◆ WORK REQUEST: Write the data out again so that it matches word for word.
+---+
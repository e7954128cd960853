-- ===== src/Queries/BudgetFilters/Errors.antt =====
-- What a failed query of the budget does to the session on show, and whether it is repeated.
use finance_buddy.Prelude.{
  Text, codes, false, is_number, not, suc, ℕ, ◌↔◌, ◌≡◌, ◌⊎◌, arith, text_eq_iff,
}
use finance_buddy.Queries.BudgetFilters.{QueryError, reset_session_on_missing, retry}

-- After an error, the session on show stays exactly if the error is no 404 or the session is the
-- consolidated one; resetting twice is resetting once; and a failed query is repeated once, unless
-- the error is a 404.
pub missing_session_is_left :
    (e : QueryError) (session_id : Text) (n : ℕ)
    → ((reset_session_on_missing e session_id ≡ session_id)
        ↔ ((is_number e.status 404 ≡ false) ⊎ (session_id ≡ codes "overall")))
      × (reset_session_on_missing e (reset_session_on_missing e session_id)
          ≡ reset_session_on_missing e session_id)
      × (retry 0 e ≡ not (is_number e.status 404))
      × (retry (suc n) e ≡ false)
unfolding reset_session_on_missing retry
missing_session_is_left e session_id n = (
  ground (arith, text_eq_iff session_id (codes "overall")),
  ground (arith, text_eq_iff session_id (codes "overall")),
  ground arith,
  ground arith,
)
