-- ===== src/Queries/BudgetFilters/Sent.antt =====
-- What `toQueryParams` sends for each filter.
use finance_buddy.Api.Request.{Value, Params, text}
use finance_buddy.Prelude.{
  All, List, Option, String, Text, [], arith, codes, if◌then◌else◌, is_empty, lookup, lookup-insert,
  none, refl, some, text_eq, ◌==◌, ◌||◌, ◌∷◌, ◌≡◌,
}
use finance_buddy.Queries.BudgetFilters.{BudgetFilters, trimmed, put, set_given, to_query_params}

-- A filter that is neither blank nor "all".
abbrev pub selected : (Text → Text) → Option Text → Option Value
selected lower none = none
selected lower (some v) =
    if is_empty v || text_eq (lower v) (codes "all") then none else some (text v)

abbrev pub nonempty : Option Text → Option Value
nonempty none = none
nonempty (some v) = if is_empty v then none else some (text v)

-- What each parameter should be.
abbrev pub wanted : (Text → Text) → BudgetFilters → List (String × Option Value)
wanted lower f =
    ("bank", selected lower f.bank)
    ∷ ("account_type", selected lower f.account_type)
    ∷ ("txn_type", selected lower f.txn_type)
    ∷ ("date_range", selected lower f.date_range)
    ∷ ("amount_bracket", selected lower f.amount_bracket)
    ∷ ("payment_mode", selected lower f.payment_mode)
    ∷ ("category", selected lower f.category)
    ∷ ("flow", selected lower f.flow)
    ∷ ("from_date", nonempty f.from_date)
    ∷ ("to_date", nonempty f.to_date)
    ∷ ("search", nonempty (trimmed f.search))
    ∷ []

abbrev or_before : Option Value → Option Value → Option Value
or_before none before = before
or_before (some v) before = some v

lookup-put :
    (lower : Text → Text) (j k : String) (v : Option Text) (d : Params)
    → lookup j (put lower k v d)
      ≡ (if k == j then or_before (selected lower v) (lookup j d) else lookup j d)
unfolding put
lookup-put lower j k none d = ground arith
lookup-put lower j k (some []) d = ground arith
lookup-put lower j k (some (c ∷ v)) d = ground (arith, lookup-insert k j (text (c ∷ v)) d)

lookup-set_given :
    (j k : String) (v : Option Text) (d : Params)
    → lookup j (set_given k v d)
      ≡ (if k == j then or_before (nonempty v) (lookup j d) else lookup j d)
unfolding set_given
lookup-set_given j k none d = ground arith
lookup-set_given j k (some []) d = ground arith
lookup-set_given j k (some (c ∷ v)) d = ground (arith, lookup-insert k j (text (c ∷ v)) d)

or_before-none : (o : Option Value) → or_before o none ≡ o
or_before-none none = refl
or_before-none (some v) = refl

-- For any filters, each of the eleven parameters is the filter's value, and missing if the filter
-- is blank; of the eight that are chosen from a list also if it is "all" in lower case; the search
-- text is trimmed.
pub lookup-to_query_params :
    (lower : Text → Text) (f : BudgetFilters)
    → All (λ entry. lookup entry.0 (to_query_params lower (some f)) ≡ entry.1) (wanted lower f)
unfolding to_query_params lookup
lookup-to_query_params lower f = (
  simp (lookup-set_given, lookup-put) (or_before-none (selected lower f.bank)),
  (
    simp (lookup-set_given, lookup-put) (or_before-none (selected lower f.account_type)),
    (
      simp (lookup-set_given, lookup-put) (or_before-none (selected lower f.txn_type)),
      (
        simp (lookup-set_given, lookup-put) (or_before-none (selected lower f.date_range)),
        (
          simp (lookup-set_given, lookup-put) (or_before-none (selected lower f.amount_bracket)),
          (
            simp (lookup-set_given, lookup-put) (or_before-none (selected lower f.payment_mode)),
            (
              simp (lookup-set_given, lookup-put) (or_before-none (selected lower f.category)),
              (
                simp (lookup-set_given, lookup-put) (or_before-none (selected lower f.flow)),
                (
                  simp (lookup-set_given, lookup-put) (or_before-none (nonempty f.from_date)),
                  (
                    simp (lookup-set_given, lookup-put) (or_before-none (nonempty f.to_date)),
                    (
                      simp (lookup-set_given, lookup-put)
                          (or_before-none (nonempty (trimmed f.search))),
                      tt,
                    ),
                  ),
                ),
              ),
            ),
          ),
        ),
      ),
    ),
  ),
)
+---+
◆ TASK RESPONSE:
repository e7954128cd960853
-- ===== src/Queries/BudgetFilters/Errors.antt =====
-- What a failed query of the budget does to the session on show, and whether it is repeated.
use finance_buddy.Prelude.{
  Text, codes, false, is_number, not, suc, ℕ, ◌↔◌, ◌≡◌, ◌⊎◌, arith, text_eq_iff,
}
use finance_buddy.Queries.BudgetFilters.{QueryError, reset_session_on_missing, retry}

-- After an error, the session on show stays exactly if the error is no 404 or the session is the
-- consolidated one; resetting twice is resetting once; and a failed query is repeated once, unless
-- the error is a 404.
pub missing_session_is_left :
    (e : QueryError) (session_id : Text) (n : ℕ)
    → ((reset_session_on_missing e session_id ≡ session_id)
        ↔ ((is_number e.status 404 ≡ false) ⊎ (session_id ≡ codes "overall")))
      × (reset_session_on_missing e (reset_session_on_missing e session_id)
          ≡ reset_session_on_missing e session_id)
      × (retry 0 e ≡ not (is_number e.status 404))
      × (retry (suc n) e ≡ false)
unfolding reset_session_on_missing retry
missing_session_is_left e session_id n = (
  ground (arith, text_eq_iff session_id (codes "overall")),
  ground (arith, text_eq_iff session_id (codes "overall")),
  ground arith,
  ground arith,
)
-- ===== src/Queries/BudgetFilters/Sent.antt =====
-- What `toQueryParams` sends for each filter.
use finance_buddy.Api.Request.{Value, Params, text}
use finance_buddy.Prelude.{
  All, List, Option, String, Text, [], arith, codes, if◌then◌else◌, is_empty, lookup, lookup-insert,
  none, refl, some, text_eq, ◌==◌, ◌||◌, ◌∷◌, ◌≡◌,
}
use finance_buddy.Queries.BudgetFilters.{BudgetFilters, trimmed, put, set_given, to_query_params}

-- A filter that is neither blank nor "all".
abbrev pub selected : (Text → Text) → Option Text → Option Value
selected lower none = none
selected lower (some v) =
    if is_empty v || text_eq (lower v) (codes "all") then none else some (text v)

abbrev pub nonempty : Option Text → Option Value
nonempty none = none
nonempty (some v) = if is_empty v then none else some (text v)

-- What each parameter should be.
abbrev pub wanted : (Text → Text) → BudgetFilters → List (String × Option Value)
wanted lower f =
    ("bank", selected lower f.bank)
    ∷ ("account_type", selected lower f.account_type)
    ∷ ("txn_type", selected lower f.txn_type)
    ∷ ("date_range", selected lower f.date_range)
    ∷ ("amount_bracket", selected lower f.amount_bracket)
    ∷ ("payment_mode", selected lower f.payment_mode)
    ∷ ("category", selected lower f.category)
    ∷ ("flow", selected lower f.flow)
    ∷ ("from_date", nonempty f.from_date)
    ∷ ("to_date", nonempty f.to_date)
    ∷ ("search", nonempty (trimmed f.search))
    ∷ []

abbrev or_before : Option Value → Option Value → Option Value
or_before none before = before
or_before (some v) before = some v

lookup-put :
    (lower : Text → Text) (j k : String) (v : Option Text) (d : Params)
    → lookup j (put lower k v d)
      ≡ (if k == j then or_before (selected lower v) (lookup j d) else lookup j d)
unfolding put
lookup-put lower j k none d = ground arith
lookup-put lower j k (some []) d = ground arith
lookup-put lower j k (some (c ∷ v)) d = ground (arith, lookup-insert k j (text (c ∷ v)) d)

lookup-set_given :
    (j k : String) (v : Option Text) (d : Params)
    → lookup j (set_given k v d)
      ≡ (if k == j then or_before (nonempty v) (lookup j d) else lookup j d)
unfolding set_given
lookup-set_given j k none d = ground arith
lookup-set_given j k (some []) d = ground arith
lookup-set_given j k (some (c ∷ v)) d = ground (arith, lookup-insert k j (text (c ∷ v)) d)

or_before-none : (o : Option Value) → or_before o none ≡ o
or_before-none none = refl
or_before-none (some v) = refl

-- For any filters, each of the eleven parameters is the filter's value, and missing if the filter
-- is blank; of the eight that are chosen from a list also if it is "all" in lower case; the search
-- text is trimmed.
pub lookup-to_query_params :
    (lower : Text → Text) (f : BudgetFilters)
    → All (λ entry. lookup entry.0 (to_query_params lower (some f)) ≡ entry.1) (wanted lower f)
unfolding to_query_params lookup
lookup-to_query_params lower f = (
  simp (lookup-set_given, lookup-put) (or_before-none (selected lower f.bank)),
  (
    simp (lookup-set_given, lookup-put) (or_before-none (selected lower f.account_type)),
    (
      simp (lookup-set_given, lookup-put) (or_before-none (selected lower f.txn_type)),
      (
        simp (lookup-set_given, lookup-put) (or_before-none (selected lower f.date_range)),
        (
          simp (lookup-set_given, lookup-put) (or_before-none (selected lower f.amount_bracket)),
          (
            simp (lookup-set_given, lookup-put) (or_before-none (selected lower f.payment_mode)),
            (
              simp (lookup-set_given, lookup-put) (or_before-none (selected lower f.category)),
              (
                simp (lookup-set_given, lookup-put) (or_before-none (selected lower f.flow)),
                (
                  simp (lookup-set_given, lookup-put) (or_before-none (nonempty f.from_date)),
                  (
                    simp (lookup-set_given, lookup-put) (or_before-none (nonempty f.to_date)),
                    (
                      simp (lookup-set_given, lookup-put)
                          (or_before-none (nonempty (trimmed f.search))),
                      tt,
                    ),
                  ),
                ),
              ),
            ),
          ),
        ),
      ),
    ),
  ),
)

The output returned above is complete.